LISTED RECORDS:

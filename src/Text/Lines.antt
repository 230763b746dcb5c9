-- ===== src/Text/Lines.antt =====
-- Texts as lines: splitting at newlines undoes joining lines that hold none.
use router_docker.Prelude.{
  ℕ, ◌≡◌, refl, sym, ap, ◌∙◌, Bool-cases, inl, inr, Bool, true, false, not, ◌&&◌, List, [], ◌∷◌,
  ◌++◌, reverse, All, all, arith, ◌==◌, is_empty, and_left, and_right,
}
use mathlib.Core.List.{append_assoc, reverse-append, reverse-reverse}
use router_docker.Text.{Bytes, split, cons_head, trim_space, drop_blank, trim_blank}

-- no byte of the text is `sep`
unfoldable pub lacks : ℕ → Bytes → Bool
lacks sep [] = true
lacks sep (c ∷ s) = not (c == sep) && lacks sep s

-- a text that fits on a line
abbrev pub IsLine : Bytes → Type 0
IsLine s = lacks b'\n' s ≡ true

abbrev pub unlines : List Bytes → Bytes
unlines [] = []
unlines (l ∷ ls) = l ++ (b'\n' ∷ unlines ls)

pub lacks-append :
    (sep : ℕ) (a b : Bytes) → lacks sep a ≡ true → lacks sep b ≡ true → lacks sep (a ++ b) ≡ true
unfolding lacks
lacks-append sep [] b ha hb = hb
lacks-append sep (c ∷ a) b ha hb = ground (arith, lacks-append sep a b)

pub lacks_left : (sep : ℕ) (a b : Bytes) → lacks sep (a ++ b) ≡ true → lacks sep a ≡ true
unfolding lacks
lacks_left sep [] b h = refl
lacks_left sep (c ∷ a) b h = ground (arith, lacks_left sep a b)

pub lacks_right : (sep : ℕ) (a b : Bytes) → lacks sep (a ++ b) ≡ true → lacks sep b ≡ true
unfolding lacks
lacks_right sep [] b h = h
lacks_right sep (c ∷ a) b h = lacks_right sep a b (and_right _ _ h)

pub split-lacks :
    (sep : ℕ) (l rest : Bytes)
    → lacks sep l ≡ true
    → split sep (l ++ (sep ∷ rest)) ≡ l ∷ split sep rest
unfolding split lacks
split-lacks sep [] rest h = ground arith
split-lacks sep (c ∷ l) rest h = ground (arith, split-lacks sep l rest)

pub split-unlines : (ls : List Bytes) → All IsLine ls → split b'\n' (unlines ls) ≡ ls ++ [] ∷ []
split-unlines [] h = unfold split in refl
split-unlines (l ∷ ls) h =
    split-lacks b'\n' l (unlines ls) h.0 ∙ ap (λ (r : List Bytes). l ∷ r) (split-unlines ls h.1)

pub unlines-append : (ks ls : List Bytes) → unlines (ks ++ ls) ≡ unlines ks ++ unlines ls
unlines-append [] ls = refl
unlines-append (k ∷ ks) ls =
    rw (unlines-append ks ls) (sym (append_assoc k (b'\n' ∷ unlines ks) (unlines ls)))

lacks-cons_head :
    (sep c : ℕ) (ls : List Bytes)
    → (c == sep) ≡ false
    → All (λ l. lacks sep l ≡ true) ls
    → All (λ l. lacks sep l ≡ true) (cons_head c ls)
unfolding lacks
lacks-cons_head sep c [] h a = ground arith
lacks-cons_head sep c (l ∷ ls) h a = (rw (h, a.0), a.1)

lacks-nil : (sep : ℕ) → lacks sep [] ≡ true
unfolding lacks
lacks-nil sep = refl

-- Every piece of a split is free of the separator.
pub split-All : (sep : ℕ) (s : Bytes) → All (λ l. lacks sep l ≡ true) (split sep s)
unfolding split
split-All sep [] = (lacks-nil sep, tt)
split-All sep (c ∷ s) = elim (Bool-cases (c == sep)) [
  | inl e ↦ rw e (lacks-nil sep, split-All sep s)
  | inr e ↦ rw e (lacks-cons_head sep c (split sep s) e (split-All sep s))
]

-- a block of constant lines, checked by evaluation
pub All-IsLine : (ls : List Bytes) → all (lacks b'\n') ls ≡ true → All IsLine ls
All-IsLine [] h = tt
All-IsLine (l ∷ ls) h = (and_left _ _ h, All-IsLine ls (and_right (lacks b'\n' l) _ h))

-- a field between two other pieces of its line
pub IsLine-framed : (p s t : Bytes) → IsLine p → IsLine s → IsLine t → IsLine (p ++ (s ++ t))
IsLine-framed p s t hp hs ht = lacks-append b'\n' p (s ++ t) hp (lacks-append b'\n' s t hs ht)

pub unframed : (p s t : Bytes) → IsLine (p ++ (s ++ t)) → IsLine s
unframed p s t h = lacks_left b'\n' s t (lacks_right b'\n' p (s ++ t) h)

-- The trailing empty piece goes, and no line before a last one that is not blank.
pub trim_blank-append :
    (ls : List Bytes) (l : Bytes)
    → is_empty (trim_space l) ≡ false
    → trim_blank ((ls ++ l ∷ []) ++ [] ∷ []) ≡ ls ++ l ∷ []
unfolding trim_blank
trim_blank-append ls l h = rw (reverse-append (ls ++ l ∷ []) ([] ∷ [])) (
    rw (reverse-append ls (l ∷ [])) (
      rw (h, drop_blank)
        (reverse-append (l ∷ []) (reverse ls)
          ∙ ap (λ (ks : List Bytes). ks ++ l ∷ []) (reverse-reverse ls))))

PROBLEM TO SOLVE: Restate word for word every line from the one containing "IsLine-framed p s" through the final line of the listing. Both end lines belong in the answer.

ANSWER TO THE EXERCISE:
IsLine-framed p s t hp hs ht = lacks-append b'\n' p (s ++ t) hp (lacks-append b'\n' s t hs ht)

pub unframed : (p s t : Bytes) → IsLine (p ++ (s ++ t)) → IsLine s
unframed p s t h = lacks_left b'\n' s t (lacks_right b'\n' p (s ++ t) h)

-- The trailing empty piece goes, and no line before a last one that is not blank.
pub trim_blank-append :
    (ls : List Bytes) (l : Bytes)
    → is_empty (trim_space l) ≡ false
    → trim_blank ((ls ++ l ∷ []) ++ [] ∷ []) ≡ ls ++ l ∷ []
unfolding trim_blank
trim_blank-append ls l h = rw (reverse-append (ls ++ l ∷ []) ([] ∷ [])) (
    rw (reverse-append ls (l ∷ [])) (
      rw (h, drop_blank)
        (reverse-append (l ∷ []) (reverse ls)
          ∙ ap (λ (ks : List Bytes). ks ++ l ∷ []) (reverse-reverse ls))))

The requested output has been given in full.